So. I buy my shoestrings on a shoestring, and my advice for shopping with no funds is first to avoid low-cost stores. Never buy fabric that feels nasty, because there is no way of hiding that it is. Polyester screams Cheap - which you may very well be, but there is no reason to look it.

I can’t pass a charity shop without going in. It’s the excitement. Everything is a one-off, a not-to-be-found item with a label usually far beyond my price range - especially if you frequent the posher parts of London such as Kensington. Every piece has a history: there are no virgin clothes here, but experienced material whose past remains a mystery. There is a very exciting second-hand shop on Holloway Road, where – amongst other things - you can pick up knee-length leather coats for a fiver.

But watch out for being enticed into buying the purely horrendous just because it seems exciting. Some things have been donated to charity for a reason. And I’m sorry, but gold lamé shoulder-pads will only ever look good on 80s Madonna and Barbie, and have no place in real life.

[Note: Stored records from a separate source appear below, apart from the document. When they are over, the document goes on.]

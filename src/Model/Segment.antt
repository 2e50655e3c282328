-- ===== src/Model/Segment.antt =====
-- src/model/segment.c: the VCS1 format of a segment, and its verification.
pub mod Layout
pub mod RoundTrip
pub mod Samples
pub mod Robust
pub mod Verify
pub mod Sizes
pub mod Front
mod Tests
use vicarl.Prelude.{
  ℕ, zero, suc, ◌-◌, ◌^◌, List, [], ◌∷◌, not, ◌&&◌, ◌||◌, Bool, true, false, Option, none, some,
  length, get_elem?, bytes_eq, ltb, leb, ◌==◌,
}
use vicarl.Core.Types.{
  Result, ok, err, invalid_argument, format, oom, unsupported, fault, Slice, view, slice_len,
  slice_bytes, slice_invalid, is_null, ◌>>=◌, ◌>>◌, reject_if, or_format, or_oom,
}
use vicarl.Core.Alloc.{Allocator, malloc_grants, calloc_grants}
use vicarl.Core.Writer.{
  Wbuf, wbuf_init, wbuf_put_u8, wbuf_put_bytes, wbuf_put_varu64, wbuf_put_ldbytes,
}
use vicarl.Core.Reader.{
  Rbuf, rbuf_init, rbuf_remaining, rbuf_get_u8, rbuf_get_bytes, rbuf_get_varu64, rbuf_get_ldbytes,
}
use vicarl.Core.Sha256.{sha256}
use vicarl.Model.Framing.{put_magic, get_magic, sig_flags, put_signature, get_signature}
use vicarl.Model.Record.{record_decode}
use vicarl.Model.Merkle.{merkle_root, zero_hash}

pub record SegmentHeader : Type 0 where
  pub segment_no : ℕ
  pub prev_segment_hash : List ℕ
  pub record_count : ℕ
  pub records_merkle_root : List ℕ
  pub timestamp_ms : ℕ

-- `struct vicarl_segment`: `record_count` is the length of `records`, and `has_sig` and `sig` are one
-- option.
pub record Segment : Type 0 where
  pub owned : List ℕ
  pub hdr : SegmentHeader
  pub records : List Slice
  pub sig : Option (List ℕ)

-- `sizeof(vicarl_slice_t)` and `sizeof(vicarl_segment_t)` where pointers and size_t have eight bytes.
abbrev pub slice_size : ℕ
slice_size = 16

abbrev pub segment_size : ℕ
segment_size = 192

-- A loop over the slices that stops at the first invalid one.
abbrev pub any_invalid : List Slice → Bool
any_invalid [] = false
any_invalid (s ∷ ss) = slice_invalid s || any_invalid ss

-- The loop over the records, length-delimited.
pub put_records : Allocator → List Slice → Wbuf → Result Wbuf
put_records grants [] w = ok w
put_records grants (s ∷ ss) w = do w' ← wbuf_put_ldbytes grants w s; put_records grants ss w'

-- The calls on the buffer, in the order of the source.
pub write_segment : Allocator → SegmentHeader → List Slice → Option (List ℕ) → Wbuf → Result Wbuf
write_segment grants hdr records segment_sig w = do
  w0 ← or_oom (put_magic grants b'V' b'C' b'S' b'1' w)
  w1 ← wbuf_put_u8 grants w0 (sig_flags segment_sig)
  w2 ← wbuf_put_varu64 grants w1 hdr.segment_no
  w3 ← wbuf_put_bytes grants w2 (view hdr.prev_segment_hash)
  w4 ← wbuf_put_varu64 grants w3 hdr.record_count
  w5 ← wbuf_put_bytes grants w4 (view hdr.records_merkle_root)
  w6 ← wbuf_put_varu64 grants w5 hdr.timestamp_ms
  w7 ← put_records grants records w6
  put_signature grants w7 segment_sig

pub segment_encode : Allocator → SegmentHeader → List Slice → Option (List ℕ) → Result (List ℕ)
segment_encode grants hdr records segment_sig = do
  reject_if (not (hdr.record_count == length records)) invalid_argument
  reject_if (any_invalid records) invalid_argument
  w ← write_segment grants hdr records segment_sig wbuf_init
  ok w.bytes

-- Magic, flags and header fields.
pub read_header : Rbuf → Result ((ℕ × SegmentHeader) × Rbuf)
read_header r = do
  (same, r0) ← get_magic b'V' b'C' b'S' b'1' r
  (flags, r1) ← or_format (rbuf_get_u8 r0)
  (segment_no, r2) ← rbuf_get_varu64 r1
  (prev_hash, r3) ← or_format (rbuf_get_bytes r2 32)
  (record_count, r4) ← rbuf_get_varu64 r3
  (merkle, r5) ← or_format (rbuf_get_bytes r4 32)
  (timestamp_ms, r6) ← rbuf_get_varu64 r5
  ok (
    (
      flags,
      record {
        segment_no = segment_no;
        prev_segment_hash = prev_hash;
        record_count = record_count;
        records_merkle_root = merkle;
        timestamp_ms = timestamp_ms;
      },
    ),
    r6,
  )

-- The loop over the records; the first argument counts those that are missing.
pub get_records : ℕ → Rbuf → Result (List Slice × Rbuf)
get_records zero r = ok ([], r)
get_records (suc left) r = do
  (rec, r') ← rbuf_get_ldbytes r
  (recs, r'') ← get_records left r'
  ok (view rec ∷ recs, r'')

-- The records and the signature.
pub read_body : List ℕ → ℕ → SegmentHeader → Rbuf → Result (Segment × Rbuf)
read_body copy flags hdr r = do
  (recs, r0) ← get_records hdr.record_count r
  (sig, r1) ← get_signature flags r0
  ok (record { owned = copy; hdr = hdr; records = recs; sig = sig }, r1)

pub segment_decode : Allocator → Slice → Result Segment
segment_decode grants encoded = do
  reject_if (ltb (slice_len encoded) 5 || is_null encoded) format
  reject_if (not (malloc_grants grants (slice_len encoded))) oom
  (head, r) ← read_header (rbuf_init (slice_bytes encoded))
  reject_if (ltb (2 ^ 64 - 1) head.1.record_count) format
  reject_if (ltb 0 head.1.record_count && not (calloc_grants grants head.1.record_count slice_size))
      oom
  (seg, r') ← read_body (slice_bytes encoded) head.0 head.1 r
  reject_if (not (rbuf_remaining r' == 0)) format
  reject_if (not (calloc_grants grants 1 segment_size)) oom
  ok seg

unfoldable pub segment_get_record : Segment → ℕ → Result Slice
segment_get_record s index = elim (leb (length s.records) index) [
  | true ↦ err invalid_argument
  | false ↦ elim (get_elem? s.records index) [ none ↦ err fault | some r ↦ ok r ]
]

pub segment_hash : Slice → Result (List ℕ)
segment_hash encoded = do reject_if (slice_invalid encoded) invalid_argument; sha256 encoded

unfoldable pub hash_is_zero32 : List ℕ → Bool
hash_is_zero32 h = bytes_eq h zero_hash

-- The loop that decodes every record.
pub check_records : Allocator → List Slice → Result (Unit {0})
check_records grants [] = ok tt
check_records grants (s ∷ ss) = do r ← record_decode grants s; check_records grants ss

pub check_root : Allocator → Segment → Result (Unit {0})
check_root grants s = elim (hash_is_zero32 s.hdr.records_merkle_root) [
  | true ↦ ok tt
  | false ↦ merkle_root grants s.records >>= λ computed.
      reject_if (not (bytes_eq computed s.hdr.records_merkle_root)) format
]

pub segment_verify : Allocator → Slice → Result (Unit {0})
unfolding check_records check_root
segment_verify grants encoded = do
  s ← segment_decode grants encoded
  reject_if (not (s.hdr.record_count == length s.records)) format
  check_records grants s.records
  check_root grants s
  elim s.sig [ none ↦ ok tt | some t ↦ err unsupported ]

Another caution. Avoid all stores claiming vintage status - like the ones in Islington and Notting Hill, or the Topshop basement in Oxford Street. Some places such as Past Caring on Essex Rd near Angel tube are vintage - in the sense that they sell things a little older and quirkier than a charity store. But vintage is more often another way of saying that they raided a dead woman’s closet, and whacked a massive price tag on everything, because they know some authenticity-seeking sucker wanting to slum it with Daddy’s bank card will snap it up. No.

My personal favourite is car boot sales. Last week I bought an immaculate red Monsoon basque for 50p from Holloway Market on Seven Sisters Road (up north again) that moulds my figure like a caress. And there are belts and jewellery: a lady who makes her own stuff appears from time to time, along with a woman selling the most outlandish and fabulous cast-offs from her stall on Portobello Road (another notorious ‘vintage’ site).

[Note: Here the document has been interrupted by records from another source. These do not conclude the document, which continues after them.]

-- ===== src/Ledger.antt =====
-- src/ledger/ledger.c: records in a buffer, flushed to a store as segments.
pub mod Chain
pub mod Verify
pub mod Flush
pub mod Admit
pub mod Sound
pub mod Reach
mod Tests
use vicarl.Prelude.{
  ℕ, zero, suc, ◌+◌, ◌*◌, ◌%◌, ◌^◌, List, [], ◌∷◌, ◌++◌, map, Bool, true, false, not, ◌&&◌, ◌||◌,
  Option, none, some, length, bytes_eq, ltb, leb, ◌==◌, if◌then◌else◌,
}
use vicarl.Core.Types.{
  Error, Result, ok, err, invalid_argument, format, not_found, oom, crypto, fault, Slice, view,
  slice_len, slice_bytes, slice_invalid, ◌>>=◌, ◌>>◌, reject_if,
}
use vicarl.Core.Alloc.{Allocator, malloc_grants, calloc_grants, size_limit}
use vicarl.Core.Sha256.{sha256}
use vicarl.Model.Record.{record_decode, record_signature, record_id}
use vicarl.Model.Merkle.{merkle_root, zero_hash}
use vicarl.Model.Segment.{
  SegmentHeader, Segment, slice_size, segment_encode, segment_decode, segment_get_record,
  segment_verify, hash_is_zero32,
}
use vicarl.Store.Interface.{StoreOps, is_not_found}

pub record Options : Type 0 where
  pub segment_target_records : ℕ
  pub segment_target_bytes : ℕ
  pub enable_merkle : Bool
  pub require_signed_records : Bool

-- `vicarl_bufrec_t`; `len` is the length of the bytes.
pub record BufRec : Type 0 where
  pub bytes : List ℕ
  pub id : List ℕ
  pub has_sig : Bool

-- `struct vicarl_ledger`; `buf_len` is the length of `buf`.
pub record Ledger (S : Type 0) : Type 0 where
  pub store : S
  pub opt : Options
  pub buf : List BufRec
  pub buf_cap : ℕ
  pub buf_bytes : ℕ

-- `sizeof(vicarl_bufrec_t)` and `sizeof(struct vicarl_ledger)`.
abbrev bufrec_size : ℕ
bufrec_size = 56

abbrev pub ledger_size : ℕ
ledger_size = 80

pub clear_buffer : {S : Type 0} → Ledger S → Ledger S
clear_buffer l = record l { buf = []; buf_bytes = 0 }

-- `while (newcap < want)`: doubling, with the test for overflow.
bufcap_loop : ℕ → ℕ → ℕ → Result ℕ
bufcap_loop zero want newcap = err fault
bufcap_loop (suc fuel) want newcap =
    let next = newcap * 2 % size_limit in
    let rest = bufcap_loop fuel want next in
    if ltb newcap want then (if ltb next newcap then err oom else rest) else ok newcap

-- The size of the array may wrap around.
pub ensure_bufcap : {S : Type 0} → Allocator → Ledger S → ℕ → Result (Ledger S)
unfolding bufcap_loop
ensure_bufcap grants l want = if leb want l.buf_cap then ok l else do
  newcap ← bufcap_loop 64 want (if l.buf_cap == 0 then 64 else l.buf_cap)
  reject_if (not (malloc_grants grants (newcap * bufrec_size % size_limit))) oom
  ok (record l { buf_cap = newcap })

pub defaults : Options
defaults = record {
  segment_target_records = 256;
  segment_target_bytes = 512 * 1024;
  enable_merkle = true;
  require_signed_records = false;
}

-- Zeros are answered by the defaults.
pub sane : Options → Options
sane opt = record opt {
  segment_target_records =
      if opt.segment_target_records == 0 then 256 else opt.segment_target_records;
  segment_target_bytes =
      if opt.segment_target_bytes == 0 then 512 * 1024 else opt.segment_target_bytes;
}

-- The store of the kind that the options name is opened by `open_store`.
unfoldable pub ledger_open :
    {S : Type 0} → Allocator → (List ℕ → Result S) → List ℕ → Option Options → Result (Ledger S)
unfolding defaults sane
ledger_open grants open_store path opt = do
  reject_if (length path == 0) invalid_argument
  reject_if (not (calloc_grants grants 1 ledger_size)) oom
  store ← open_store path
  ok (record {
    store = store;
    opt = sane (elim opt [ none ↦ defaults | some o ↦ o ]);
    buf = [];
    buf_cap = 0;
    buf_bytes = 0;
  })

-- The number and the hash before of the next segment; the number wraps around.
pub next_link : Result (ℕ × List ℕ) → Result (ℕ × List ℕ)
next_link (ok tip) = ok ((tip.0 + 1) % 2 ^ 64, tip.1)
next_link (err e) = if is_not_found e then ok (1, zero_hash) else err e

-- `recs`
abbrev pub slices : List BufRec → List Slice
slices buf = map (λ (br : BufRec). view br.bytes) buf

pub root_of : Allocator → Options → List BufRec → Result (List ℕ)
root_of grants opt buf = if opt.enable_merkle then merkle_root grants (slices buf) else ok zero_hash

-- The segment of the buffer, at the time `now`.
pub seal : Allocator → ℕ → Options → List BufRec → ℕ × List ℕ → Result (List ℕ)
seal grants now opt buf (new_no, prev) = do
  reject_if (not (calloc_grants grants (length buf) slice_size)) oom
  root ← root_of grants opt buf
  segment_encode grants
      (record {
        segment_no = new_no;
        prev_segment_hash = prev;
        record_count = length buf;
        records_merkle_root = root;
        timestamp_ms = now;
      })
      (slices buf) none

-- The ledger behind the call, and its result.
pub ledger_flush :
    {S : Type 0} → StoreOps S → Allocator → ℕ → Ledger S → Ledger S × Result (Unit {0})
ledger_flush ops grants now l =
    if length l.buf == 0
    then (l, ok tt)
    else elim (next_link (ops.tip l.store) >>= seal grants now l.opt l.buf) [
      | err e ↦ (l, err e)
      | ok seg_bytes ↦
          let (store', st) = ops.append_segment l.store (view seg_bytes) in
          elim st [
            | err e ↦ (record l { store = store' }, err e)
            | ok stored ↦ (clear_buffer (record l { store = store' }), ok tt)
          ]
    ]

abbrev pub is_some : {A : Type 0} → Option A → Bool
is_some none = false
is_some (some a) = true

-- The record as it is buffered.
unfoldable pub admit_record : Allocator → Options → Slice → Result BufRec
admit_record grants opt encoded = do
  reject_if (slice_invalid encoded) invalid_argument
  r ← record_decode grants encoded
  reject_if (opt.require_signed_records && not (is_some (record_signature r))) crypto
  id ← record_id encoded
  reject_if (not (malloc_grants grants (slice_len encoded))) oom
  ok (record { bytes = slice_bytes encoded; id = id; has_sig = is_some (record_signature r) })

pub push : {S : Type 0} → Ledger S → BufRec → Ledger S
push l br = record l {
  buf = l.buf ++ br ∷ [];
  buf_bytes = (l.buf_bytes + length br.bytes) % size_limit;
}

-- The triggers of a flush.
pub is_full : {S : Type 0} → Ledger S → Bool
is_full l =
    leb l.opt.segment_target_records (length l.buf) || leb l.opt.segment_target_bytes l.buf_bytes

unfoldable pub ledger_append_record :
    {S : Type 0} → StoreOps S → Allocator → ℕ → Ledger S → Slice → Ledger S × Result (List ℕ)
ledger_append_record ops grants now l encoded = elim (admit_record grants l.opt encoded) [
  | err e ↦ (l, err e)
  | ok br ↦ elim (ensure_bufcap grants l (length l.buf + 1)) [
    | err e ↦ (l, err e)
    | ok l' ↦
        if is_full (push l' br)
        then (let (l'', st) = ledger_flush ops grants now (push l' br) in
            (l'', st >>= λ done. ok br.id))
        else (push l' br, ok br.id)
  ]
]

pub ledger_read_segment : {S : Type 0} → StoreOps S → Ledger S → ℕ → Result (List ℕ)
ledger_read_segment ops l segment_no = ops.read_segment l.store segment_no

pub ledger_tip : {S : Type 0} → StoreOps S → Ledger S → Result (ℕ × List ℕ)
ledger_tip ops l = ops.tip l.store

-- The hash before: zero in the first segment.
pub check_linkage : ℕ → List ℕ → List ℕ → Result (Unit {0})
check_linkage seg_no prev_hash in_header =
    if seg_no == 1
    then reject_if (not (hash_is_zero32 in_header)) format
    else reject_if (not (bytes_eq in_header prev_hash)) format

-- The loop over the records, from the index on; the number of those that are left comes first.
pub check_signed : Allocator → Segment → ℕ → ℕ → Result (Unit {0})
check_signed grants s zero index = ok tt
check_signed grants s (suc left) index = do
  rb ← segment_get_record s index
  rr ← record_decode grants rb
  reject_if (not (is_some (record_signature rr))) crypto
  check_signed grants s left (index + 1)

-- One round: the hash of the segment.
pub check_segment : Allocator → Options → ℕ → List ℕ → List ℕ → Result (List ℕ)
check_segment grants opt seg_no prev_hash seg = do
  seg_hash ← sha256 (view seg)
  segment_verify grants (view seg)
  s ← segment_decode grants (view seg)
  reject_if (not (s.hdr.segment_no == seg_no)) format
  check_linkage seg_no prev_hash s.hdr.prev_segment_hash
  if opt.require_signed_records then check_signed grants s s.hdr.record_count 0 else ok tt
  ok seg_hash

-- `for (no = 1; no <= tip_no; no++)`; `no` wraps around.
pub verify_loop :
    {S : Type 0}
    → StoreOps S
    → Allocator
    → Ledger S
    → ℕ × List ℕ
    → ℕ
    → ℕ
    → List ℕ
    → Result (Unit {0})
verify_loop ops grants l tip zero seg_no prev_hash = err fault
verify_loop ops grants l tip (suc fuel) seg_no prev_hash = if ltb tip.0 seg_no then ok tt else do
  seg ← ops.read_segment l.store seg_no
  seg_hash ← check_segment grants l.opt seg_no prev_hash seg
  reject_if (seg_no == tip.0 && not (bytes_eq tip.1 seg_hash)) format
  verify_loop ops grants l tip fuel ((seg_no + 1) % 2 ^ 64) seg_hash

-- Fuel for one round more than the segments.
pub ledger_verify : {S : Type 0} → StoreOps S → Allocator → Ledger S → Result (Unit {0})
ledger_verify ops grants l = elim (ops.tip l.store) [
  | err e ↦ if is_not_found e then ok tt else err e
  | ok tip ↦ verify_loop ops grants l tip (tip.0 + 1) 1 zero_hash
]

At a car boot, head for the stands run by people who look how you want to look - and who are your size. And never be afraid to rummage. As with cheap shops, be watchful of the professionals who sell new gear for very little, because the clothes probably contain more plastic than a cup dispenser. Having said that, there is a man who does unsold, unworn Next stock.

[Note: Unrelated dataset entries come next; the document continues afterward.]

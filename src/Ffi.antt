-- ===== src/Ffi.antt =====
-- src/ffi/ffi.c: the ledger behind a handle for callers in other languages.
pub mod Session
mod Tests
use vicarl.Prelude.{ℕ, List, [], Bool, not, Option, none, some, length, ◌==◌}
use vicarl.Core.Types.{
  Error, Result, ok, err, invalid_argument, oom, Slice, slice_invalid, ◌>>=◌, ◌>>◌, reject_if,
}
use vicarl.Core.Alloc.{Allocator, calloc_grants}
use vicarl.Store.Interface.{StoreOps}
use vicarl.Ledger.{
  Options, Ledger, ledger_open, ledger_append_record, ledger_flush, ledger_verify, ledger_tip,
  ledger_read_segment,
}

-- `vicarl_ffi_ledger_t*`: NULL, or a pointer to a handle with its ledger.
abbrev pub Handle : Type 0 → Type 0
Handle S = Option (Ledger S)

-- `sizeof(vicarl_ffi_ledger_t)`
abbrev pub ffi_ledger_size : ℕ
ffi_ledger_size = 8

-- The path may be NULL.
pub ffi_ledger_open :
    {S : Type 0}
    → Allocator
    → (List ℕ → Result S)
    → Option (List ℕ)
    → Option Options
    → Result (Ledger S)
ffi_ledger_open grants open_store none opt = err invalid_argument
ffi_ledger_open grants open_store (some path) opt = do
  reject_if (length path == 0) invalid_argument
  led ← ledger_open grants open_store path opt
  reject_if (not (calloc_grants grants 1 ffi_ledger_size)) oom
  ok led

pub ffi_ledger_append_record :
    {S : Type 0} → StoreOps S → Allocator → ℕ → Handle S → Slice → Handle S × Result (List ℕ)
ffi_ledger_append_record ops grants now none record_bytes = (none, err invalid_argument)
ffi_ledger_append_record ops grants now (some l) record_bytes =
    elim (reject_if (slice_invalid record_bytes) invalid_argument) [
      | err e ↦ (some l, err e)
      | ok t ↦ let (l', st) = ledger_append_record ops grants now l record_bytes in (some l', st)
    ]

pub ffi_ledger_flush :
    {S : Type 0} → StoreOps S → Allocator → ℕ → Handle S → Handle S × Result (Unit {0})
ffi_ledger_flush ops grants now none = (none, err invalid_argument)
ffi_ledger_flush ops grants now (some l) =
    let (l', st) = ledger_flush ops grants now l in (some l', st)

pub ffi_ledger_verify : {S : Type 0} → StoreOps S → Allocator → Handle S → Result (Unit {0})
ffi_ledger_verify ops grants none = err invalid_argument
ffi_ledger_verify ops grants (some l) = ledger_verify ops grants l

pub ffi_ledger_tip : {S : Type 0} → StoreOps S → Handle S → Result (ℕ × List ℕ)
ffi_ledger_tip ops none = err invalid_argument
ffi_ledger_tip ops (some l) = ledger_tip ops l

pub ffi_ledger_read_segment : {S : Type 0} → StoreOps S → Handle S → ℕ → Result (List ℕ)
ffi_ledger_read_segment ops none segment_no = err invalid_argument
ffi_ledger_read_segment ops (some l) segment_no = ledger_read_segment ops l segment_no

There are two exceptions to the No Vintage Rule. The first is Camden Market, which is more of an overwhelming sensory experience than a shopping district. It’s the only place in the world where you can buy handcuffs, earmuffs and marijuana lollipops from the same spot. And where every garment’s a unique one-off. Many of them are so laughably under-priced that you suspect that there must be a sweatshop filled with hippies hidden under the canal.

The second is the most incredibly exciting thing that my silk-swamped id has found so far in London. She’s a lady called Angel (http://www.angel-a.net) who runs vintage evenings. In that Del-Boy fantasy that is Bethnal Green, there nestles an elegant apartment block from which Angel flies.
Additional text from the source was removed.